Я заболела. Легкие напрочь отказали. Я провела в больнице в общей сложности два месяца. И никто не знал, выживу ли я. И уж тем более буду ли снова петь. Я не могла издать ни звука, только какие-то стоны. Я даже не могла дышать. Но внутренне я не запаниковала. Просто тихо замерла. В это же время умерла моя любимая Эми Уайнхаус, которая была много моложе. И я думала, что если уже Эми отчалила, то чего мне-то ждать? Но я дождалась… своей выписки. Что-то пришлось поменять в моей безумной жизни. Не так много на самом деле! Просто стала больше проводить время за городом. Да, собственно, и все перемены. Все так же курю, хотя мне нельзя, так же пою, дышу театральной пылью, что, наверное, тоже не слишком полезно. Так же влюбляюсь, хотя в моем возрасте это тоже, наверное, небезопасно.
Ɔ. Традиция кабаре в Германии продолжается?
Жизнь продолжается, и много всего поменялось. Все чего-то делают. Читают стихи, разыгрывают скетчи. Поют. У каждого есть право на свои 15 минут славы, как говорил Энди Уорхол. Является ли это продолжением традиций берлинского кабаре? Вот уж не уверена. Но вообще это все так далеко от меня, что я вряд ли могу выступать каким-то экспертом. Конечно, моя публика изменилась. Как ни странно, приходит на шоу много молодых людей. Что-то они для себя, наверное, узнают новое. И мне это нравится. Для них еще остались какие-то вопросы, на которые нет ответов в интернете.
Ɔ. Какой главный месседж Жоржетты Ди залу и миру сегодня?
Не сдавайтесь! Never give up. Свободу нельзя обрести, сидя на диване. За нее надо бороться. Свобода и мир совсем не сочетаются. Но это если говорить глобально.
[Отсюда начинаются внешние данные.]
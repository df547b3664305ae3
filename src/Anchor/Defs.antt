-- ===== src/Anchor/Defs.antt =====
-- Marks, their order, and the operations of an anchor.
use faar_runtime.Common.{
  ℕ, Bool, true, false, ◌&&◌, ◌||◌, Option, none, some, ltb, ◌==◌, if◌then◌else◌,
}
use faar_runtime.Common.Result.{Result, ok, err}

pub record Mark : Type 0 where
  pub epoch : ℕ
  pub fence : ℕ

-- The key of a grant version, and the reserved one of the table of exposure caps.
pub data AnchorKey : Type 0 where
  grant_key : ℕ → ℕ → AnchorKey
  exposure_caps : AnchorKey

unfoldable pub same_key : AnchorKey → AnchorKey → Bool
same_key (grant_key g v) (grant_key h w) = g == h && v == w
same_key (grant_key g v) exposure_caps = false
same_key exposure_caps (grant_key h w) = false
same_key exposure_caps exposure_caps = true

-- Python compares the tuples in lexicographic order.
unfoldable pub lt_mark : Mark → Mark → Bool
lt_mark a b = ltb a.epoch b.epoch || (a.epoch == b.epoch && ltb a.fence b.fence)

unfoldable pub max_mark : Mark → Mark → Mark
unfolding lt_mark
max_mark a b = if lt_mark a b then b else a

unfoldable pub regressed : Mark → Option Mark → Bool
unfolding lt_mark
regressed current none = false
regressed current (some mark) = lt_mark current mark

pub record Anchor : Type 0 where
  pub marks : AnchorKey → Option Mark
  pub identity : Option ℕ
  pub readable : AnchorKey → Bool
  pub writable : AnchorKey → Bool

pub data AnchorError : Type 0 where
  unavailable : AnchorError
  mismatch : AnchorError

unfoldable pub high_water : Anchor → AnchorKey → Result AnchorError (Option Mark)
high_water a k = if a.readable k then ok (a.marks k) else err unavailable

abbrev put : Anchor → AnchorKey → Mark → Anchor
put a k m = record a { marks = λ j. if same_key k j then some m else a.marks j }

-- `record`: the greater of the old mark, (0, 0) if there is none, and the proposed one
unfoldable pub record_mark : Anchor → AnchorKey → Mark → Result AnchorError Anchor
unfolding max_mark lt_mark same_key
record_mark a k m =
    if a.writable k
    then ok (
        put a k (
          max_mark (elim (a.marks k) [ none ↦ record { epoch = 0; fence = 0 } | some old ↦ old ])
            m))
    else err unavailable

-- `reset`: the mark itself
unfoldable pub reset_mark : Anchor → AnchorKey → Mark → Result AnchorError Anchor
unfolding same_key
reset_mark a k m = if a.writable k then ok (put a k m) else err unavailable

unfoldable pub bind_identity : Anchor → ℕ → Result AnchorError Anchor
bind_identity a i = elim a.identity [
  | none ↦ ok (record a { identity = some i })
  | some j ↦ if j == i then ok (record a { identity = some i }) else err mismatch
]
А про себя могу сказать: я автор уникального жанра, которого до меня не было. Не кабаре, не драг-шоу и не театр. Я не подхожу ни под какой ранжир. Говорю это не для того, чтобы похвастаться, просто всю свою жизнь я пытаюсь быть абсолютно открытой миру и людям. И все, что бы мне хотелось сейчас сказать: поглядите, как много разных оттенков и вариаций у того, что мы привыкли называть словами «жизнь», «секс», «любовь». Да, в нас живут и дьявол, и ангел, и каждый раз кто-то из них берет верх. Но главное, мы владеем невероятным богатством и красотой. Когда я была моложе, то мне хотелось все поменять: делайте так, не делайте это… Но однажды мне приснился сон, будто я очутилась в чужом доме. Я хожу по комнатам и понимаю, что ничего прекраснее в своей жизни я не видела и никогда уже не увижу. Я не хочу в нем что-то изменить, так он совершенен. Людям надо чаще напоминать, что они сами и все сущее вокруг — это совершенное творение, которое не стоит бесконечно совершенствовать и улучшать. И конечно, не стоит на это тратить жизнь, как и на собирание денег, которые потом унесет ветер. Оглянитесь вокруг, и вы поймете, что жизнь прекрасна! И я вас люблю! Вот собственно, и весь месседж.